“是小姐,奴婢下去了,小姐也不必太过担忧,夫人吉人自有天相一定会没事的。”子衿行礼,准备退下,仿佛有些担心自家小姐便劝说着。
“子衿,我知道的,你不必担心我,你退下吧,把门关上,待会儿我再叫你来收拾东西!明日我们便坐马车去往南山寺。”顾浅笙给子衿投去一个安心的笑容,对她说。
子衿见自家小姐真的没事,出了门,便把门关上,下去了,等子衿关上门,顾浅笙一下没了笑容,低着头,脸色沉重。
其实,顾浅笙并没有那么放心,那些话只不过是安抚子衿,怕这个从小和这个一起长大的姑娘担心,子衿性子跳脱是个没有城府的人,倒是没有影钰性子稳重,坐了一会儿,顾浅笙从凳子上站起来,打开了刚刚叫子衿关上的门,见子衿不在,便抬脚走到门外,抬头看天,双手合十,闭着眼,一脸忧愁;心中想:“老天爷,希望你别再让我母亲受这些苦了,我母亲这一生吃的苦太多了,别再折磨她了,浅笙宁愿替母亲吃这些苦,也不愿我母亲出事。”
一刻钟后
过后,顾浅笙回到房,看外面天色不早了,喊到:“子衿,子衿,好了,来收拾东西吧!”
“小姐,奴婢这就来”子衿听到小姐叫她,便匆匆的从院子门外跑来,行了个礼,边走进里屋去收拾东西。
过了半晌,子衿收拾好东西,从里屋出来,对顾浅笙说:“小姐,天色不早了,可要奴婢去命人传膳?”
“不必了,我还不饿,况且,母亲还在床上躺着,也不知道醒了没有,怎么吃得下饭,这都晚上了,也没见人来通报一声,子衿,你去母亲的院子里替我看看我母亲怎么样了,父亲怕是还生着我的气,我也没办法去母亲的院子里看看。”
“奴婢遵命,小姐,桌子上有糕点,你饿了就先吃些,奴婢这就去夫人院子里看看,一有情况,我就回来告诉小姐。”子衿说完就出了门,就去了顾夫人的院子。
另一边,躺在床上的顾夫人已经悠悠转醒,醒来后还一脸疑惑的看着坐在床边的夫君和站着的儿子,问:“老爷,长安,你们都站在这儿干嘛?这是怎么了,出了什么事吗?浅笙呢?”

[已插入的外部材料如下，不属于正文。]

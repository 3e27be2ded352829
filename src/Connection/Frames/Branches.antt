-- ===== src/Connection/Frames/Branches.antt =====
-- Each branch of the frame reader's callback, run to its end.
use libamqp.Prelude.{ℕ, suc, ◌-◌, ◌≡◌, true, false, List, [], ◌∷◌, arith, ◌==◌}
use libamqp.Prelude.Outcome.{returns}
use libamqp.Connection.Reader.{
  reading, Reader, call_read_callback, perform, cleared, queue_read_operation, stop_reader,
  reader_stop, cleanup_reader,
}
use libamqp.Connection.Frames.{
  FrameReader, reading_frame_header, reading_frame_body, read_uint32, frame_read_done,
  amqp_connection_failed, read_done_while_reading_frame_header, read_done_while_reading_frame_body,
  frame_available, read_frame, invalid_size, with_frame_size, with_frame_state,
}

-- The three things that a callback may do to the two readers.
abbrev pub gave_up : Reader → Reader
gave_up r = stop_reader r.state (cleared r)

abbrev pub next_frame : Reader → Reader
next_frame r = queue_read_operation (record (cleared r) { buffer = [] }) 8

abbrev pub next_body : Reader → ℕ → Reader
next_body r n = queue_read_operation (cleared r) (n - 8)

abbrev pub delivered : FrameReader → List ℕ → FrameReader
delivered f x = record f { state = reading_frame_header; frames = x ∷ f.frames }

abbrev pub Called : ℕ → Reader → FrameReader → Reader → FrameReader → Type 0
Called n r f r' f' =
    call_read_callback frame_read_done amqp_connection_failed (suc n) (r, f) ≡ returns (r', f')

module _ (n : ℕ) (r : Reader) (f : FrameReader) (on : r.state ≡ reading)
    (queued : r.queued ≡ true) where
  pub bad_header_runs :
      (size : ℕ)
      → f.state ≡ reading_frame_header
      → r.satisfied ≡ 8
      → read_uint32 r.buffer ≡ returns size
      → invalid_size f size ≡ true
      → Called n r f (gave_up r) (record f { frame_size = size; failed = true })
  unfolding call_read_callback perform frame_read_done read_done_while_reading_frame_header
      invalid_size
  bad_header_runs size e amount sized bad = ground (arith, on, queued, e, amount, sized, bad)

  pub empty_frame_runs :
      f.state ≡ reading_frame_header
      → r.satisfied ≡ 8
      → read_uint32 r.buffer ≡ returns 8
      → invalid_size f 8 ≡ false
      → Called n r f (next_frame r) (delivered (with_frame_size f 8) r.buffer)
  unfolding call_read_callback perform frame_read_done read_done_while_reading_frame_header
      frame_available read_frame invalid_size
  empty_frame_runs e amount sized good = ground (arith, on, queued, e, amount, sized, good)

  pub header_runs :
      (size : ℕ)
      → f.state ≡ reading_frame_header
      → r.satisfied ≡ 8
      → read_uint32 r.buffer ≡ returns size
      → invalid_size f size ≡ false
      → (size == 8) ≡ false
      → Called n r f
          (next_body r size)
          (with_frame_state (with_frame_size f size) reading_frame_body)
  unfolding call_read_callback perform frame_read_done read_done_while_reading_frame_header
      invalid_size
  header_runs size e amount sized good more =
      ground (arith, on, queued, e, amount, sized, good, more)

  pub body_runs :
      f.state ≡ reading_frame_body
      → r.satisfied ≡ f.frame_size - 8
      → Called n r f (next_frame r) (delivered f r.buffer)
  unfolding call_read_callback perform frame_read_done read_done_while_reading_frame_body
      frame_available read_frame
  body_runs e amount = ground (arith, on, queued, e, amount)

  pub gave_up_idle : (gave_up r).queued ≡ false
  unfolding stop_reader reader_stop cleanup_reader
  gave_up_idle = ground (arith, on)

  pub gave_up_buffer : (gave_up r).buffer ≡ r.buffer
  unfolding stop_reader reader_stop cleanup_reader
  gave_up_buffer = ground (arith, on)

顾老爷黑着脸,对守在门外的子佩说道:“子佩,夫人醒了,快去将厨房刚刚熬好的药给夫人端过来。”
门外,听到顾老爷的吩咐,子佩回:“是,老爷,奴婢就去。”
吩咐完子佩,顾老爷看着刚刚转醒的自家夫人一脸疑惑,有些恼火,又不能着自己生病的夫人发火,一脸无奈道:“你可知道,你先前晕了过去,请了大夫过来看,大夫说你寒气入体,气血两虚,浅笙还说你前几日掉入了水中,这着是吓到了我和长安。”

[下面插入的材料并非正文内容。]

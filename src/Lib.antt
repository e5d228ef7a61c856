-- ===== src/Lib.antt =====
-- DCVP, a platform for supervised programming examinations: a web application, an API server
-- (apps/api) and the types that both share (packages/shared). This library models the parts of
-- the server that decide who is let in, who administers and takes examinations, and who runs
-- code.
--
-- The parts and how they interact. A request to log in first passes the rate limiter, then the
-- authentication service, which checks the password (password-hash.ts, where the derivations of
-- all requests compete for a few slots) and stores a session in the session registry. Every later
-- request asks the registry for the session of its token. Operators and organization
-- administrators manage accounts and requests to join an organization within their scope. The
-- store keeps exams, candidates, proctoring and submissions, on the database or, where that is
-- not available, in the memory of the process; a candidate's call passes the gates of the
-- workspace and of the exam session before anything is stored. Submitted code is admitted by the
-- code runner, which runs it against its tests.
--
-- Which file models which part; paths are those of the repository:
--
--   * RateLimiter: apps/api/src/services/login-rate-limiter.ts. `consume`, `consumeBucket`,
--     `clientAddress` and `removeExpiredBuckets` are the definitions of those names in snake case;
--     the map of buckets is their state.
--   * Sessions: apps/api/src/services/auth-session-registry.ts. The map of sessions and the
--     pending timers of the runtime are a `Registry`; `get`, `set`, `delete`, `revokeUser`,
--     `store` and `expire` are functions on it.
--   * Kdf: the admission of password derivations in apps/api/src/services/password-hash.ts, whose
--     two module variables are a `Kdf`; arrivals, ends and time-outs are events.
--   * PasswordHash: the policy, the stored format and its verification in the same file.
--   * Auth: apps/api/src/services/auth.service.ts. Auth/Login holds the transaction of a login,
--     Auth/SignIn the whole of `login` with its retries, Auth/Account `me`,
--     `requireActiveSession`, `changePassword` and `logout`. `State` is the database and a
--     `Registry`.
--   * AdminUsers: apps/api/src/services/admin-users.service.ts.
--   * OrganizationRequests: apps/api/src/services/organization-requests.service.ts. A review is
--     its check and its transaction, in two steps.
--   * Invitations: apps/api/src/services/organization-invitations.service.ts, with the acceptance
--     in the same two steps.
--   * ProctorGateway: apps/api/src/modules/proctor.gateway.ts. The map of sockets by token is
--     `admin_clients` of a `Gateway`; a message is its room.
--   * CodeRunner: apps/api/src/services/code-runner.service.ts. The four fields of the service are
--     a `Runner`; CodeRunner/Judge holds `judgeAdmitted`.
--   * Database: apps/api/src/services/platform-store.database.ts. `try_database` runs an operation
--     on a `Connection`, the database with the flag of the service; the operation ends in an
--     `Outcome`.
--   * ExamAdmin: platform-store.exam-admin.ts in the same directory, on both stores.
--     ExamAdmin/Refinement holds the specification and the calls of the service,
--     ExamAdmin/Agreement what they do without a database. The body of an update is unchecked in
--     the source: `UpdateExamInput` has a place for every field of an exam.
--   * Store: the other platform-store files. Store/Content is exam-content, Store/CandidateAdmin
--     candidate-admin, Store/Portal candidate-portal, Store/Devices proctor, Store/Risk helpers,
--     Store/Workspace candidate-workspace and the gate of state, Store/Execution execution with its
--     access and scoring, Store/Results candidate-results, Store/Facade service. `Memory` is the
--     lists of state. A function takes what its run on the database ended in as an argument; the
--     facade has none, as where the memory stands in.
--   * Shared: packages/shared/src/index.ts. Common and JsMap hold what all parts use: tests,
--     lists, texts, exceptions as results, and the insertion-ordered map of the runtime.
--
-- How code becomes definitions. A method that changes state takes the state and returns the new
-- one with its answer, also where it throws; an exception is a value of `Result`. A reading of
-- the clock is an argument, once for each operation. Code outside the repository is a parameter:
-- the key derivation, digests and case tables of the runtime, the environment, the container that
-- runs a test, and the database, whose interfaces (`UserTable`, `AccountTable`, `RequestTables`,
-- `ExamTable`, `InvitationTables`) state as laws what the client documents of unique keys,
-- updates and deletions; each has an instance in the tests. Numbers of the source are whole and
-- not negative; where it subtracts times, the earlier from the later, the comment at the
-- definition says so. The one fraction, in the score of a submission, is computed with the
-- operations of `Numbers`, a parameter with laws of the floating-point standard.
--
-- Bounds and fuel. `retry_loop` has three rounds, as the source's loop. `dispatch_rounds` has one
-- round for each queued run: a round takes one run off the queue, and with an empty queue the
-- loop of the source stops. All other loops are by recursion on their lists.
--
-- Not modelled: controllers and modules of the framework, the web application, email, the AI
-- evaluation and the identity provider, which are glue, user interface or calls of outside
-- services; registration and the initial administrator, sign-up requests, identity and
-- environment checks as they are stored, and reports, which stand next to the parts above and use
-- them; the delivery of messages by the gateway and the lists of invitations; the seeding of an
-- empty database with a demonstration, which production skips; the conversion of database rows,
-- field by field.
pub mod Common
pub mod JsMap
pub mod RateLimiter
pub mod Shared
pub mod Sessions
pub mod Kdf
pub mod PasswordHash
pub mod Auth
pub mod AdminUsers
pub mod CodeRunner
pub mod OrganizationRequests
pub mod Database
pub mod ExamAdmin
pub mod Store
pub mod Invitations
pub mod ProctorGateway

顾老爷全程不提顾浅笙为何不在,顾长安见自家父亲不提长姐,有些急了的和自己母亲说:“母亲,父亲说姐姐瞒着他前几日落水的事,罚了长姐明日去南山寺为你祈福,姐姐回自己院子收拾东西去了,母亲,你快劝劝父亲,让他别让长姐去南山寺,南山寺离家那么远?且又是往北城那个方向,北城寒气重,姐姐这一去也不知道要受多少苦。”
听完这话,靠在床上的顾夫人转头看着自己的夫君,又看了看儿子,对顾长安吩咐到:“长安,你差人去你姐姐哪儿告知一声,免得你姐姐担心。”
听到自己母亲这话,顾长安拱手行礼,到:“是的,母亲,儿子退下了”说完就转身出门回了房间。
顾夫人见儿子出了门,对坐在自己旁边的顾老爷有些愧疚地说到:“老爷,这件事,也怪不得浅笙,是我让她瞒着你的,你让她去南山寺,是不是罚得重了些,毕竟我也没出什么大事,她只是听了我的话,别让她去南山了,如若还气她!你就罚她跪一晚祠堂可好。”
“夫人!什么叫没出什么大事!你都晕过去了,如若不是浅笙瞒着我,怎么会出今日之事;但是,也是罚得重了些,那好吧!那就让浅笙去祠堂跪一晚好了,待会儿我便差人去同浅笙讲,可以了吧,你以后啊!且注意着身体,大夫说了,你这病,要好好修养,知道吗?以后,也别太过劳累,有什么事,让他们去做就好了,实在不行,你也可以让浅笙多帮帮你,不用你亲自动手。”